◆ Work instructions
Return the lines exactly as they stand, from the first of the material through the line containing "unfolding not_critical check_credential".
------------------------------------
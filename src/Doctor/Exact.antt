-- ===== src/Doctor/Exact.antt =====
-- The environments whose report in src/cogindex/_doctor.py is ok.
use cogindex.Base.{
  List, [], ◌∷◌, ◌++◌, Bool, true, false, Option, none, some, Text, all, is_some, ◌≡◌, ◌≢◌, ◌↔◌,
  refl, Result, ok, err, if◌then◌else◌,
}
use cogindex.Doctor.{
  Finding, finding, fine, Check, not_critical, report_is_ok, check_returns, check_cocoindex,
  check_cognee_compat, check_embedding_dimensions, findings_of, is_packaged, check_root,
  check_storage_roots, check_credential, check_credentials, Environment, roots_of, credentials_of,
  doctor, cognee_compat, llm_credentials, embedding_credentials, embedding_dimensions,
}
use cogindex.Doctor.Healthy.{IsOutside, IsHealthy, ok-IsHealthy}

all_cons :
    (f : Finding) (rest : List Finding)
    → not_critical f ≡ true
    → all not_critical rest ≡ true
    → all not_critical (f ∷ rest) ≡ true
all_cons f rest here there = rw (here) there

returned_ok {ℓ} :
    {A : Type ℓ} (check : Check) {r : Result A} {a : A}
    → r ≡ ok a
    → check_returns check r ≡ ok (finding fine check)
unfolding check_returns
returned_ok check h = rw (h) refl

installed_ok :
    (version : Option Text) → is_some version ≡ true → not_critical (check_cocoindex version) ≡ true
unfolding not_critical check_cocoindex
installed_ok (some v) h = refl
installed_ok none h = cc

outside_ok : (path : Text) → is_packaged path ≡ false → not_critical (check_root path) ≡ true
unfolding not_critical check_root
outside_ok path free = rw (free) refl

usable_ok :
    (check : Check) (state : Option Bool)
    → state ≢ some false
    → not_critical (check_credential check state) ≡ true
unfolding not_critical check_credential
usable_ok check none h = refl
usable_ok check (some true) h = refl
usable_ok check (some false) h = absurd (h refl)

asked_ok :
    (with_credentials : Bool) (state : Option Bool × Option Bool)
    → (with_credentials ≡ true → (state.0 ≢ some false) × (state.1 ≢ some false))
    → all not_critical (if with_credentials then check_credentials state else []) ≡ true
unfolding check_credentials
asked_ok true (llm_ok, embedding_ok) h =
    let both = h refl in
    all_cons (check_credential llm_credentials llm_ok)
      (check_credential embedding_credentials embedding_ok ∷ [])
      (usable_ok llm_credentials llm_ok both.0)
      (all_cons (check_credential embedding_credentials embedding_ok) []
        (usable_ok embedding_credentials embedding_ok both.1) refl)
asked_ok false state h = refl

roots_ok :
    (roots : Result (Text × Text)) (rest : List Finding)
    → IsOutside roots
    → all not_critical rest ≡ true
    → all not_critical (check_storage_roots (roots_of roots) ++ rest) ≡ true
unfolding roots_of check_storage_roots IsOutside
roots_ok (err e) rest h there = absurd h
roots_ok (ok (data_root, system_root)) rest h there =
    all_cons (check_root data_root) (check_root system_root ∷ rest) (outside_ok data_root h.0)
      (all_cons (check_root system_root) rest (outside_ok system_root h.1) there)

healthy_ok :
    (env : Environment) (with_credentials : Bool)
    → IsHealthy env with_credentials
    → report_is_ok (
        findings_of env with_credentials
          (finding fine cognee_compat)
          (finding fine embedding_dimensions))
      ≡ true
unfolding IsHealthy report_is_ok findings_of not_critical
healthy_ok env with_credentials (there, loaded, outside_both, has_width, credentials) =
    let asks = if with_credentials then check_credentials (credentials_of env) else [] in
    let roots = check_storage_roots (roots_of env.get_base_config) in
    let width = finding fine embedding_dimensions in
    let compat = finding fine cognee_compat in
    all_cons (check_cocoindex env.cocoindex_version) (compat ∷ (roots ++ (width ∷ asks)))
      (installed_ok env.cocoindex_version there)
      (all_cons compat (roots ++ (width ∷ asks)) refl (
        roots_ok env.get_base_config (width ∷ asks) outside_both
          (all_cons width asks refl (asked_ok with_credentials (credentials_of env) credentials))))

doctor_returns :
    (env : Environment) (with_credentials : Bool)
    → IsHealthy env with_credentials
    → doctor env with_credentials
      ≡ ok (
          findings_of env with_credentials
            (finding fine cognee_compat)
            (finding fine embedding_dimensions))
unfolding IsHealthy doctor check_cognee_compat check_embedding_dimensions
doctor_returns env with_credentials
      (there, (version, loaded), outside_both, (n, has_width), credentials) =
    rw (returned_ok cognee_compat loaded, returned_ok embedding_dimensions has_width) refl

-- doctor returns a report that is ok exactly if cocoindex is installed, load returns, the storage
-- roots can be read and lie outside of site-packages, the embedding dimensions are verified, and,
-- where credentials are checked, neither kind is found to be missing.
pub doctor-IsHealthy :
    (env : Environment) (with_credentials : Bool)
    → ((findings : List Finding) × (doctor env with_credentials ≡ ok findings)
        × (report_is_ok findings ≡ true))
      ↔ IsHealthy env with_credentials
doctor-IsHealthy env with_credentials = (
  λ (findings, run, h). ok-IsHealthy env with_credentials findings run h,
  λ h. (
    findings_of env with_credentials (finding fine cognee_compat)
        (finding fine embedding_dimensions),
    doctor_returns env with_credentials h,
    healthy_ok env with_credentials h,
  ),
)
------------------------------------
◆ Written solution
filename src/Doctor/Exact.antt
-- ===== src/Doctor/Exact.antt =====
-- The environments whose report in src/cogindex/_doctor.py is ok.
use cogindex.Base.{
  List, [], ◌∷◌, ◌++◌, Bool, true, false, Option, none, some, Text, all, is_some, ◌≡◌, ◌≢◌, ◌↔◌,
  refl, Result, ok, err, if◌then◌else◌,
}
use cogindex.Doctor.{
  Finding, finding, fine, Check, not_critical, report_is_ok, check_returns, check_cocoindex,
  check_cognee_compat, check_embedding_dimensions, findings_of, is_packaged, check_root,
  check_storage_roots, check_credential, check_credentials, Environment, roots_of, credentials_of,
  doctor, cognee_compat, llm_credentials, embedding_credentials, embedding_dimensions,
}
use cogindex.Doctor.Healthy.{IsOutside, IsHealthy, ok-IsHealthy}

all_cons :
    (f : Finding) (rest : List Finding)
    → not_critical f ≡ true
    → all not_critical rest ≡ true
    → all not_critical (f ∷ rest) ≡ true
all_cons f rest here there = rw (here) there

returned_ok {ℓ} :
    {A : Type ℓ} (check : Check) {r : Result A} {a : A}
    → r ≡ ok a
    → check_returns check r ≡ ok (finding fine check)
unfolding check_returns
returned_ok check h = rw (h) refl

installed_ok :
    (version : Option Text) → is_some version ≡ true → not_critical (check_cocoindex version) ≡ true
unfolding not_critical check_cocoindex
installed_ok (some v) h = refl
installed_ok none h = cc

outside_ok : (path : Text) → is_packaged path ≡ false → not_critical (check_root path) ≡ true
unfolding not_critical check_root
outside_ok path free = rw (free) refl

usable_ok :
    (check : Check) (state : Option Bool)
    → state ≢ some false
    → not_critical (check_credential check state) ≡ true
unfolding not_critical check_credential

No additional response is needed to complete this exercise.